Collected data
• • •
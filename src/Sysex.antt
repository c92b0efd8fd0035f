-- ===== src/Sysex.antt =====
-- src/sysex.c: the receiver that collects the bytes of a system exclusive message and hands them to
-- the command that is installed for it.
pub mod Invariant
pub mod Filling
pub mod Delivery
pub mod Transfer
pub mod Overlong
use midi_fighter_twister_ope.Base.{
  ℕ, ◌+◌, ◌-◌, Bool, true, false, ◌&&◌, ◌||◌, Option, none, some, List, [], ◌∷◌, ltb, leb, ◌==◌,
  if◌then◌else◌, ◌>>=◌, u8, get_or, set, drop, replicate,
}
use midi_fighter_twister_ope.Midi.{EventPacket}

-- The anonymous enum of `sysex_state`.
pub data State : Type 0 where
  begin check_mid invalid non_realtime djtt : State

-- The functions that `config_init` installs, for the pointers `SysExFn`.
pub data SysExFn : Type 0 where
  push_config pull_config system bulk_xfer get_device_id native_mode : SysExFn

-- What `sysex_handle` does: nothing, the identity reply of these bytes, or a call of a command with
-- a length and the buffer from its second byte on.
pub data Action : Type 0 where
  nothing : Action
  reply : List ℕ → Action
  run : SysExFn → ℕ → List ℕ → Action

-- The module's variables. `ptr` is the offset of `sysex_ptr` in the buffer, `none` for NULL.
pub record Receiver : Type 0 where
  pub buffer : List ℕ
  pub state : State
  pub is_reading : Bool
  pub ptr : Option ℕ
  pub command_map : List (Option SysExFn)

abbrev pub midi_max_sysex : ℕ
midi_max_sysex = 127

abbrev pub max_command : ℕ
max_command = 8

-- `g_midi_sysex_channel`, which nothing writes.
abbrev pub midi_sysex_channel : ℕ
midi_sysex_channel = 5

-- The variables as they are initialised.
abbrev pub power_up : Receiver
power_up = record {
  buffer = replicate midi_max_sysex 0;
  state = begin;
  is_reading = false;
  ptr = none;
  command_map = replicate max_command none;
}

unfoldable pub sysex_install : ℕ → SysExFn → Receiver → Receiver
sysex_install cmd fn r =
    if ltb 0 cmd && leb cmd max_command
    then record r { command_map = set r.command_map (cmd - 1) (some fn) }
    else r

-- The bytes that answer a device identify request.
abbrev pub identity_payload : List ℕ
identity_payload =
    0xf0 ∷ 0x7e ∷ 0x7f ∷ 0x06 ∷ 0x02 ∷ 0x00 ∷ 0x01 ∷ 0x79 ∷ 0x05 ∷ 0x00 ∷ 0x01 ∷ 0x00 ∷ 0x20 ∷ 0x26
    ∷ 0x08 ∷ 0x07 ∷ 0xf7 ∷ []

run_installed : Option SysExFn → ℕ → List ℕ → Action
run_installed none len payload = nothing
run_installed (some fn) len payload = run fn len payload

handle_djtt : Receiver → ℕ → Action
unfolding run_installed
handle_djtt r len =
    let command = get_or r.buffer 0 0 in
    if ltb 0 command && leb command max_command
    then run_installed (get_or r.command_map (command - 1) none) (len - 1) (drop 1 r.buffer)
    else nothing

handle_in : State → Receiver → ℕ → Action
unfolding handle_djtt
handle_in djtt r len = if ltb 0 len then handle_djtt r len else nothing
handle_in non_realtime r len =
    if leb 2 len && (get_or r.buffer 0 0 == 0x06 && get_or r.buffer 1 0 == 0x01)
    then reply identity_payload
    else nothing
handle_in _ r len = nothing

-- `sysex_handle`.
unfoldable pub sysex_handle : Receiver → ℕ → Action
unfolding handle_in
sysex_handle r len = handle_in r.state r len

-- `*sysex_ptr++ = byte`. A write through NULL or beyond the buffer is undefined.
unfoldable pub put : ℕ → Receiver → Option Receiver
put byte r = elim r.ptr [
  | none ↦ none
  | some p ↦
      if ltb p midi_max_sysex
      then some (record r { buffer = set r.buffer p byte; ptr = some (p + 1) })
      else none
]

-- `(sysex_ptr + n) < buffer_end`. NULL lies below the buffer.
unfoldable pub fits : ℕ → Receiver → Bool
fits n r = elim r.ptr [ none ↦ true | some p ↦ ltb (p + n) midi_max_sysex ]

-- `sysex_handle((uint8_t)(sysex_ptr - sysex_buffer))`; the pointer has just been written through.
unfoldable pub process : Receiver → Option (Receiver × Action)
unfolding sysex_handle
process r = elim r.ptr [ none ↦ none | some p ↦ some (r, sysex_handle r (u8 p)) ]

-- The state that the first packet of a message leads to.
unfoldable pub first_state : EventPacket → State
first_state packet =
    if packet.data1 == 0xf0
      && (packet.data2 == 0x7e && (packet.data3 == midi_sysex_channel || packet.data3 == 0x7f))
    then non_realtime
    else if packet.data1 == 0xf0 && (packet.data2 == 0x00 && packet.data3 == 0x01)
    then check_mid
    else invalid

-- The rest of a message in `sysex_handle_3sc`, by the state.
continue_3sc : State → EventPacket → Receiver → Option Receiver
unfolding put fits
continue_3sc check_mid packet r =
    if packet.data1 == 0x79 && fits 2 r
    then put packet.data2 (record r { state = djtt }) >>= put packet.data3
    else some (record r { state = invalid })
continue_3sc invalid packet r = some r
continue_3sc _ packet r =
    if fits 3 r
    then put packet.data1 r >>= put packet.data2 >>= put packet.data3
    else some (record r { state = invalid })

unfoldable pub sysex_handle_3sc : EventPacket → Receiver → Option (Receiver × Action)
unfolding first_state continue_3sc
sysex_handle_3sc packet r =
    if r.is_reading
    then continue_3sc r.state packet r >>= (λ s. some (s, nothing))
    else some (record r { is_reading = true; ptr = some 0; state = first_state packet }, nothing)

-- `sysex_state = State_Begin` after the message.
abbrev reset : Receiver × Action → Option (Receiver × Action)
reset (r, act) = some (record r { state = begin }, act)

end_3e : State → EventPacket → Receiver → Option (Receiver × Action)
unfolding put fits process
end_3e check_mid packet r =
    if packet.data1 == 0x79 && fits 2 r
    then put packet.data2 (record r { state = djtt }) >>= put packet.data3 >>= process
    else some (r, nothing)
end_3e invalid packet r = some (r, nothing)
end_3e _ packet r =
    if fits 3 r
    then put packet.data1 r >>= put packet.data2 >>= put packet.data3 >>= process
    else some (r, nothing)

-- It does not ask whether a message is being read.
unfoldable pub sysex_handle_3e : EventPacket → Receiver → Option (Receiver × Action)
unfolding end_3e
sysex_handle_3e packet r = end_3e r.state packet (record r { is_reading = false }) >>= reset

end_2e : State → EventPacket → Receiver → Option (Receiver × Action)
unfolding put fits process
end_2e invalid packet r = some (r, nothing)
end_2e _ packet r =
    if fits 2 r then put packet.data1 r >>= put packet.data2 >>= process else some (r, nothing)

unfoldable pub sysex_handle_2e : EventPacket → Receiver → Option (Receiver × Action)
unfolding end_2e
sysex_handle_2e packet r =
    if r.is_reading
    then end_2e r.state packet (record r { is_reading = false }) >>= reset
    else some (r, nothing)

end_1e : State → EventPacket → Receiver → Option (Receiver × Action)
unfolding put fits process
end_1e invalid packet r = some (r, nothing)
end_1e _ packet r = if fits 1 r then put packet.data1 r >>= process else some (r, nothing)

unfoldable pub sysex_handle_1e : EventPacket → Receiver → Option (Receiver × Action)
unfolding end_1e
sysex_handle_1e packet r =
    if r.is_reading
    then end_1e r.state packet (record r { is_reading = false }) >>= reset
    else some (r, nothing)

-- The cases 0x4 to 0x7 of `process_midi_packet` in src/midi.c; the other events are not SysEx.
unfoldable pub sysex_packet : EventPacket → Receiver → Option (Receiver × Action)
sysex_packet packet r =
    if packet.event == 0x4
    then sysex_handle_3sc packet r
    else if packet.event == 0x5
    then sysex_handle_1e packet r
    else if packet.event == 0x6
    then sysex_handle_2e packet r
    else if packet.event == 0x7
    then sysex_handle_3e packet r
    else some (r, nothing)

abbrev note_run : Action → List Action → List Action
note_run nothing acts = acts
note_run act acts = act ∷ acts

-- A sequence of packets, with what they made `sysex_handle` do.
unfoldable pub receive : List EventPacket → Receiver → Option (Receiver × List Action)
unfolding sysex_packet
receive [] r = some (r, [])
receive (packet ∷ packets) r = sysex_packet packet r >>= λ (s, act).
    receive packets s >>= λ (t, acts). some (t, note_run act acts)
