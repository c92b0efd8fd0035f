-- ===== src/Quadrature.antt =====
-- src/input.c: what `encoder_scan` makes of the two pins of an encoder, and `get_encoder_value`. Each of the 16
-- encoders is handled alike in the loop, and here by itself; the reading of the pins is hardware. Signed
-- bytes are two's complement.
pub mod Turning
use midi_fighter_twister_ope.Base.{
  ℕ, ◌+◌, Bool, true, false, ◌||◌, List, [], ◌∷◌, ltb, leb, ◌==◌, if◌then◌else◌, u8, u16, get_or,
}

abbrev pub inactive_threshold : ℕ
inactive_threshold = 100

abbrev pub debounce_cycle_timeout : ℕ
debounce_cycle_timeout = 6

-- `EncoderActionByState`: 0xff is -1 and 0x81 is -127.
abbrev pub encoder_action_by_state : List ℕ
encoder_action_by_state =
    0 ∷ 0xff ∷ 1 ∷ 0x81 ∷ 1 ∷ 0 ∷ 0x81 ∷ 0xff ∷ 0xff ∷ 0x81 ∷ 0 ∷ 1 ∷ 0x81 ∷ 1 ∷ 0xff ∷ 0 ∷ []

-- The variables of an encoder.
pub record EncoderInput : Type 0 where
  pub encoder_state : ℕ
  pub cha_prev : Bool
  pub chb_prev : Bool
  pub encoder_inactive_counter : ℕ
  pub encoder_last_movement : ℕ
  pub encoder_event_cycle_counts : ℕ

-- `this_encoder_state`, and the action that the table has for it.
unfoldable pub encoder_action : EncoderInput → Bool → Bool → ℕ
encoder_action e cha chb =
    get_or encoder_action_by_state
      ((if cha then 4 else 0)
        + (if chb then 8 else 0)
        + (if e.cha_prev then 1 else 0)
        + (if e.chb_prev then 2 else 0))
      0

-- An event in direction `move`, 1 or -1.
unfoldable pub encoder_event : EncoderInput → ℕ → EncoderInput
encoder_event e move =
    let cycle_count : ℕ = u16 (e.encoder_inactive_counter + 1) in
    let counted : EncoderInput = record e {
      encoder_state = u8 (e.encoder_state + move);
      encoder_event_cycle_counts = u16 (e.encoder_event_cycle_counts + cycle_count);
      encoder_last_movement = move;
      encoder_inactive_counter = 0;
    } in
    if leb debounce_cycle_timeout cycle_count || (e.encoder_last_movement == move)
    then counted
    else record e { encoder_last_movement = move; encoder_inactive_counter = 0 }

-- A round of the loop, with the state of the pins kept for the next scan.
unfoldable pub encoder_scan : EncoderInput → Bool → Bool → EncoderInput
encoder_scan e cha chb =
    let action = encoder_action e cha chb in
    let idle : EncoderInput = record e {
      encoder_inactive_counter =
          if ltb e.encoder_inactive_counter inactive_threshold
          then e.encoder_inactive_counter + 1
          else e.encoder_inactive_counter;
    } in
    let next : EncoderInput =
      if (action == 0) || (action == 0x81)
      then idle
      else encoder_event e (if leb 0x80 action then 0xff else 1) in
    record next { cha_prev = cha; chb_prev = chb }

unfoldable pub encoder_is_active : EncoderInput → Bool
encoder_is_active e = if leb inactive_threshold e.encoder_inactive_counter then false else true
• • •
» Task directions
Only lines of the data holding the word "where" go in the answer. Please copy each of them.

» Your response
pub data State : Type 0 where
pub data SysExFn : Type 0 where
pub data Action : Type 0 where
pub record Receiver : Type 0 where
pub record EncoderInput : Type 0 where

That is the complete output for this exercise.